Grasping Things

Grasping Things
Author: Simon J. Bronner
Publisher: University Press of Kentucky
Total Pages: 369
Release: 2021-05-11
Genre: Social Science
ISBN: 0813182743

America stocks its shelves with mass-produced goods but fills its imagination with handmade folk objects. In Pennsylvania, the "back to the city" housing movement causes a conflict of cultures. In Indiana, an old tradition of butchering turtles for church picnics evokes both pride and loathing among residents. In New York, folk-art exhibits raise choruses of adoration and protest. These are a few of the examples Simon Bronner uses to illustrate the ways Americans physically and mentally grasp things. Bronner moves beyond the usual discussions of form and variety in America's folk material culture to explain historical influences on, and the social consequences of, channeling folk culture into a mass society.

DSmT Decision-Making Algorithms for Finding Grasping Configurations of Robot Dexterous Hands

DSmT Decision-Making Algorithms for Finding Grasping Configurations of Robot Dexterous Hands
Author: Ionel-Alexandru Gal
Publisher: Infinite Study
Total Pages: 26
Release:
Genre:
ISBN:

In this paper, we present a deciding technique for robotic dexterous hand configurations.

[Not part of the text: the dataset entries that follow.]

-- ===== src/Cstates/Safety.antt =====
-- `record_cstate_event` (idlestat.c) on valid statistics, with state numbers inside and outside the array.
use idlestat.Base.{
  ℕ, ◌≡◌, refl, true, false, Option, none, some, if◌then◌else◌, set, length, ◌<◌, ◌≤◌, arith, ap,
  ◌∙◌, sym, inl, inr, All-get_elem?, length-set, get_elem?_total, Bool-cases,
}
use idlestat.Base.Int.{ℤ, pos, negsuc, minus_one, leb_ℤ, eq_ℤ, eq_ℤ-eq}
use idlestat.Base.Double.{Double, usec_per_sec}
use idlestat.Cstates.{
  maxcstate, CpuidleData, CpuidleCstate, CpuidleCstates, elem_at, set_at, cstate_begin, add_stay,
  write_stay, finish_stay, end_stay, cstate_end, record_cstate_event,
}
use idlestat.Cstates.Valid.{
  IsStateNumber, IsState, IsOpen, IsValid, cstate_begin-IsValid, cstate_begin_fault, judge_total,
  left-IsValid, write_stay-IsState, add_stay-IsState,
}

module _ {D : Type 0} ⦃d : Double D⦄ where
  abbrev Ends : Option (CpuidleCstates D) → Type 0
  Ends o = (t : CpuidleCstates D) × (o ≡ some t) × IsValid t × (t.current_cstate ≡ minus_one)

  finish_stay-Ends :
      (s : CpuidleCstates D) (k : ℕ) (c : CpuidleCstate D) (x : CpuidleData D) (us : D)
      → IsValid s
      → s.current_cstate ≡ pos k
      → IsState c
      → c.nrdata < length c.stays
      → Ends (finish_stay s c x us)
  unfolding finish_stay
  finish_stay-Ends s k c x us h cur ok_c l =
      let w = write_stay c (record x { duration = us }) in
      let room : w.nrdata < length w.stays =
        omega (arith, length-set c.stays c.nrdata (record x { duration = us })) in
      let (r, eq, j) = judge_total s w us k h cur in
      (
        record s {
          cstate = set s.cstate k (add_stay r.0 us);
          actual_residency = r.1;
          current_cstate = minus_one;
        },
        rw eq (
            ap
              (λ i. some (record s {
                cstate = set_at s.cstate i (add_stay r.0 us);
                actual_residency = r.1;
                current_cstate = minus_one;
              }))
              cur),
        left-IsValid s k (add_stay r.0 us) r.1 h (
            add_stay-IsState w r.0 us (write_stay-IsState c (record x { duration = us }) ok_c) room
              j),
        refl,
      )

  end_stay-Ends :
      (time : D) (s : CpuidleCstates D) (k : ℕ) (c : CpuidleCstate D) (x : CpuidleData D)
      → IsValid s
      → s.current_cstate ≡ pos k
      → IsState c
      → c.nrdata < length c.stays
      → Ends (end_stay time s c x)
  unfolding end_stay
  end_stay-Ends time s k c x h cur ok_c l =
      let y = record x { end = time; duration = d.sub time x.begin } in
      elim (Bool-cases (d.le y.duration (d.of_int (pos 0)))) [
        | inl e ↦ rw e (
          record s { cstate = set s.cstate k (write_stay c y); current_cstate = minus_one },
          ap
              (λ i. some (record s {
                cstate = set_at s.cstate i (write_stay c y);
                current_cstate = minus_one;
              }))
              cur,
          left-IsValid s k (write_stay c y) s.actual_residency h (write_stay-IsState c y ok_c),
          refl,
        )
        | inr e ↦
            rw e (finish_stay-Ends s k c y (d.mul y.duration (d.of_int usec_per_sec)) h cur ok_c l)
      ]

  cstate_end-Ends :
      (time : D) (s : CpuidleCstates D) (k : ℕ)
      → IsValid s
      → s.current_cstate ≡ pos k
      → Ends (cstate_end time s)
  unfolding cstate_end
  cstate_end-Ends time s k h cur =
      let open_k : IsOpen (pos k) s.cstate_max s.cstate = rw cur at h.opened in
      let (c, at, l) = open_k.1 in
      let (x, at_x) = get_elem?_total c.stays c.nrdata l in
      rw (ap (elem_at s.cstate) cur ∙ at, at_x)
        (end_stay-Ends time s k c x h cur (All-get_elem? IsState s.cstate k h.states at) l)

  close_lem :
      (time : D) (s : CpuidleCstates D) (c : ℤ)
      → IsValid s
      → s.current_cstate ≡ c
      → Ends (if eq_ℤ s.current_cstate minus_one then some s else cstate_end time s)
  close_lem time s (pos k) h cur =
      let e : eq_ℤ s.current_cstate minus_one ≡ false = ground arith in
      rw e (cstate_end-Ends time s k h cur)
  close_lem time s (negsuc n) h cur =
      let n_is : n ≡ 0 = rw cur at h.opened in
      let e : eq_ℤ s.current_cstate minus_one ≡ true = ground arith in
      rw e (s, refl, h, cur ∙ ap negsuc n_is)

  open_lem :
      (time : D) (t : CpuidleCstates D) (state : ℤ)
      → IsValid t
      → t.current_cstate ≡ minus_one
      → IsStateNumber state
      → (u : CpuidleCstates D) × ((if eq_ℤ state minus_one
            then some t
            else cstate_begin time state t)
          ≡ some u)
        × IsValid u
        × (u.current_cstate ≡ state)
  open_lem time t (pos k) h cur l =
      let e : eq_ℤ (pos k) minus_one ≡ false = ground arith in
      rw e (cstate_begin-IsValid t time k h l)
  open_lem time t (negsuc n) h cur l =
      let e : eq_ℤ (negsuc n) minus_one ≡ true = ground arith in
      rw e (t, refl, h, cur ∙ ap negsuc (sym l))

  -- On valid statistics and for a state from -1 to 15, `record_cstate_event` touches nothing outside
  -- its arrays; the statistics stay valid, and the state recorded is the one asked for.
  pub record_cstate_event-IsValid :
      (s : CpuidleCstates D) (time : D) (state : ℤ)
      → IsValid s
      → IsStateNumber state
      → (t : CpuidleCstates D) × (record_cstate_event s time state ≡ some t)
        × IsValid t
        × (t.current_cstate ≡ state)
  unfolding record_cstate_event
  record_cstate_event-IsValid s time state h l = elim (Bool-cases (eq_ℤ state s.current_cstate)) [
    | inl e ↦ (s, rw e, h, sym (eq_ℤ-eq state s.current_cstate e))
    | inr e ↦
        let (t, closes, ok_t, off) = close_lem time s s.current_cstate h refl in
        let (u, opens, ok_u, is) = open_lem time t state ok_t off l in
        (u, rw (e, closes) opens, ok_u, is)
  ]

  -- On valid statistics, `record_cstate_event` with a state number of 16 or more, which no caller checks
  -- for, writes outside the array.
  pub record_cstate_event_fault :
      (s : CpuidleCstates D) (time : D) (k : ℕ)
      → IsValid s
      → maxcstate ≤ k
      → record_cstate_event s time (pos k) ≡ none
  unfolding record_cstate_event
  record_cstate_event_fault s time k h l =
      let (t, closes, ok_t, off) = close_lem time s s.current_cstate h refl in
      let e : eq_ℤ (pos k) s.current_cstate ≡ false = differs s.current_cstate h.opened in
      let e' : eq_ℤ (pos k) minus_one ≡ false = ground arith in rw (e, closes, e') (outside t ok_t)
    where
      differs : (i : ℤ) → IsOpen i s.cstate_max s.cstate → eq_ℤ (pos k) i ≡ false
      differs (pos j) o = below s.cstate_max h.deepest o.0
        where
          below : (m : ℤ) → IsStateNumber m → leb_ℤ (pos j) m ≡ true → eq_ℤ (pos k) (pos j) ≡ false
          below (pos m) g le = ground arith
          below (negsuc m) g le = ground arith
      differs (negsuc n) o = ground arith

      outside : (t : CpuidleCstates D) → IsValid t → cstate_begin time (pos k) t ≡ none
      outside t v = cstate_begin_fault t time k (omega (arith, v.sized))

This algorithm can be used to decide on how to configure a robotic hand so it can grasp objects in different scenarios. Receiving as input, several sensor signals that provide information on the object’s shape, the DSmT decision-making algorithm passes the information through several steps before deciding what hand configuration should be used for a certain object and task.

Fewer, Better Things

Fewer, Better Things
Author: Glenn Adamson
Publisher: Bloomsbury Publishing USA
Total Pages: 273
Release: 2018-08-07
Genre: Art
ISBN: 1632869667

From the former director of the Museum of Arts and Design in New York, a timely and passionate case for the role of the well-designed object in the digital age. Curator and scholar Glenn Adamson opens Fewer, Better Things by contrasting his beloved childhood teddy bear to the smartphones and digital tablets children have today. He laments that many children and adults are losing touch with the material objects that have nurtured human development for thousands of years. The objects are still here, but we seem to care less and know less about them. In his presentations to groups, he often asks an audience member what he or she knows about the chair the person is sitting in. Few people know much more than whether it's made of wood, plastic, or metal. If we know little about how things are made, it's hard to remain connected to the world around us. Fewer, Better Things explores the history of craft in its many forms, explaining how raw materials, tools, design, and technique come together to produce beauty and utility in handmade or manufactured items. Whether describing the implements used in a traditional Japanese tea ceremony, the use of woodworking tools, or the use of new fabrication technologies, Adamson writes expertly and lovingly about the aesthetics of objects, and the care and attention that goes into producing them. Reading this wise and elegant book is a truly transformative experience.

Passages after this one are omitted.